United States District Court, E.D. Arkansas, Eastern Division

March 2, 2017

SCOTT JONES PLAINTIFF
v.
NANCY A. BERRYHILL, Acting Commissioner, Social Security Administration DEFENDANT

          RECOMMENDED DISPOSITION

         Instructions

         The following Recommended Disposition (“Recommendation”) has been sent to Judge Billy Roy Wilson. You may file written objections to all or part of this Recommendation. If you do so, those objections must specifically explain the factual or legal basis for your objection. Objections must be received by the Clerk of this Court within fourteen days of this Recommendation. By not objecting, you may waive the right to appeal questions of fact.

         Background

         Scott Jones applied for social security disability benefits on April 30, 2013, alleging an onset date of November 13, 1995. (R. at 55). A hearing was held, but Mr. Jones waived his right to appear. (R. at 21). The administrative law judge (ALJ) denied benefits, and the Appeals Council denied review. (R. at 6). Mr. Jones then requested judicial review.

         For the reasons stated below, the Commissioner's decision should be affirmed.

         I. The Commissioner's Decision

         The ALJ found that Mr. Jones had the following severe impairments: depression, anxiety, history of polysubstance abuse, back pain, personality disorders, paranoia, and seizures. (R. at 23). The ALJ determined that Mr. Jones had the residual functional capacity (RFC) to perform light work, with the ability to lift and carry 20 pounds occasionally and 10 pounds frequently. (R. at 24). In addition to exertional limitations, the ALJ found non-exertional limitations: Mr. Jones could perform simple, unskilled, or rote work; could understand, follow, and remember concrete instructions; should be limited to superficial contact with supervisors, co-workers, and the public; and should not handle money, due to a history of drug use and incarceration. (R. at 24). Mr. Jones had no past relevant work. (R. at 29).
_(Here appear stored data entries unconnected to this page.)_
-- ===== src/Trellis/Valid/Written.antt =====
-- What `set_edge` writes, read back by `edge_weight`.
use native.Mathlib.Numerals.{add-one}
use routers.Common.{
  ℕ, zero, suc, ◌+◌, ◌*◌, ◌≤◌, ◌<◌, ◌≡◌, ◌≢◌, refl, ap, ◌∙◌, sym, List, some, arith, length,
  get_elem?, set, replicate, get_elem?-some, lt_of_get_elem?, get_elem?-set_self, get_elem?-set_ne,
  leb, le→ltb, lt→ltb, ◌⊎◌, inl, inr, false, length-replicate,
}
use routers.Common.Outcome.{ok}
use routers.Trellis.Types.{
  LayerId, NodeId, Transition, pending, resolved, ensure_resolved, inf_w, max_weight,
}
use routers.Trellis.Graph.{Trellis}
use routers.Trellis.Edit.{set_edge}
use routers.Trellis.Cost.{entry, edge_weight}
use routers.Trellis.Shape.{Fits, IsShaped-length, IsShaped-get_elem?}
use routers.Trellis.Valid.Invariant.{IsValid}
use routers.Trellis.Valid.Keeps.{cell_in_range}

pub get_elem?-replicate : (n i : ℕ) (a : ℕ) → i < n → get_elem? (replicate n a) i ≡ some a
get_elem?-replicate zero i a h = absurd (omega arith)
get_elem?-replicate (suc n) zero a h = refl
get_elem?-replicate (suc n) (suc i) a h = get_elem?-replicate n i a (omega arith)

pub suc_row : (a width : ℕ) → suc a * width ≡ width + a * width
suc_row a width = grind arith

pub zero_row : (width : ℕ) → 0 * width ≡ 0
zero_row width = grind arith

-- A cell of a table determines its row and its column.
pub cell_injective :
    (width a b c d : ℕ) → b < width → d < width → a * width + b ≡ c * width + d → (a ≡ c) × (b ≡ d)
cell_injective width zero b zero d p q e = (refl, omega (arith, zero_row width))
cell_injective width zero b (suc c) d p q e =
    absurd (omega (arith, zero_row width, suc_row c width))
cell_injective width (suc a) b zero d p q e =
    absurd (omega (arith, zero_row width, suc_row a width))
cell_injective width (suc a) b (suc c) d p q e =
    let (row, column) =
      cell_injective width a b c d p q (omega (arith, suc_row a width, suc_row c width)) in
    (ap suc row, column)

-- The weights that are there before a write: those of the transition, or the infinity everywhere.
entry-ensure_resolved :
    (cur next from to : ℕ) (x : Transition)
    → from < cur
    → to < next
    → Fits (cur * next) x
    → (ws : List ℕ) × (ensure_resolved (cur * next) x ≡ resolved ws)
      × (length ws ≡ cur * next)
      × ((f g : ℕ) → f < cur → g < next → entry next x f g ≡ get_elem? ws (f * next + g))
entry-ensure_resolved cur next from to pending p q fit = (
  replicate (cur * next) inf_w,
  refl,
  length-replicate {A = ℕ} (cur * next) inf_w,
  λ f g p' q'.
      sym
        (get_elem?-replicate (cur * next) (f * next + g) inf_w (cell_in_range f g cur next p' q')),
)
entry-ensure_resolved cur next from to (resolved ws) p q fit = (ws, refl, fit.0, λ f g _ _. refl)

not_le : (a b : ℕ) → b < a → leb a b ≡ false
not_le a b h = ground arith

-- The entry of a boundary, by its widths and its transition.
edge_weight_at :
    (t : Trellis) (l next : ℕ) (x : Transition) (f g : NodeId)
    → get_elem? t.widths (suc l) ≡ some next
    → get_elem? t.transitions l ≡ some x
    → edge_weight t l f g ≡ entry next x f g
unfolding edge_weight
edge_weight_at t l next x f g width_eq transition_eq = rw (add-one, width_eq, transition_eq) refl

-- On a valid trellis `set_edge` with a weight and places in range returns a trellis whose edge has the
-- weight, and whose other edges of the boundary weigh what they did.
pub edge_weight-set_edge :
    (l : LayerId) (from to : NodeId) (weight cur next : ℕ) (t : Trellis)
    → IsValid t
    → weight ≤ max_weight
    → get_elem? t.widths l ≡ some cur
    → get_elem? t.widths (suc l) ≡ some next
    → from < cur
    → to < next
    → (u : Trellis) × (set_edge l from to weight t ≡ ok u)
      × (edge_weight u l from to ≡ some weight)
      × ((f g : NodeId)
          → f < cur
          → g < next
          → (f ≢ from) ⊎ (g ≢ to)
          → edge_weight u l f g ≡ edge_weight t l f g)
unfolding set_edge
edge_weight-set_edge l from to weight cur next t v small cur_eq next_eq p q =
    let (x, x_eq) = get_elem?-some t.transitions l (
      omega (
        arith,
        IsShaped-length t.widths t.transitions v.shape,
        lt_of_get_elem? t.widths (suc l) next_eq,
      )) in
    let (ws, ready, size, before) =
      entry-ensure_resolved cur next from to x p q
        (IsShaped-get_elem? t.widths t.transitions l v.shape cur_eq next_eq x_eq) in
    let i = from * next + to in
    let inside : i < length ws = omega (arith, size, cell_in_range from to cur next p q) in
    let u : Trellis = record t { transitions = set t.transitions l (resolved (set ws i weight)) } in
    let there : get_elem? u.transitions l ≡ some (resolved (set ws i weight)) =
      get_elem?-set_self t.transitions l (resolved (set ws i weight))
        (lt_of_get_elem? t.transitions l x_eq) in
    (
      u,
      rw
          (
            le→ltb max_weight weight small,
            not_le (length t.widths) (l + 1)
                (omega (arith, lt_of_get_elem? t.widths (suc l) next_eq)),
            cur_eq,
            add-one,
            next_eq,
          )
          (rw (not_le cur from p, not_le next to q, x_eq, ready, lt→ltb i (length ws) inside) refl),
      edge_weight_at u l next _ from to next_eq there ∙ get_elem?-set_self ws i weight inside,
      λ f g p' q' other.
          edge_weight_at u l next _ f g next_eq there
          ∙ get_elem?-set_ne ws i (f * next + g) weight (apart from to f g other q q')
          ∙ sym (before f g p' q')
          ∙ sym (edge_weight_at t l next x f g next_eq x_eq),
    )
  where
    apart : (a b c d : ℕ) → (c ≢ a) ⊎ (d ≢ b) → b < next → d < next → a * next + b ≢ c * next + d
    apart a b c d (inl h) r s e = h (sym (cell_injective next a b c d r s e).0)
    apart a b c d (inr h) r s e = h (sym (cell_injective next a b c d r s e).1)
         After hearing testimony from a vocational expert (VE), the ALJ found that Mr. Jones could perform jobs that existed in sufficient numbers, including production assembly or poultry deboner. (R. at 30).

         II. Discussion

         Mr. Jones does not identify any specific error committed by the ALJ. Instead, he argues generally that he is disabled due to various conditions and recounts findings from the medical records. The Commissioner contends that substantial evidence on the record as a whole supports the ALJ's decision.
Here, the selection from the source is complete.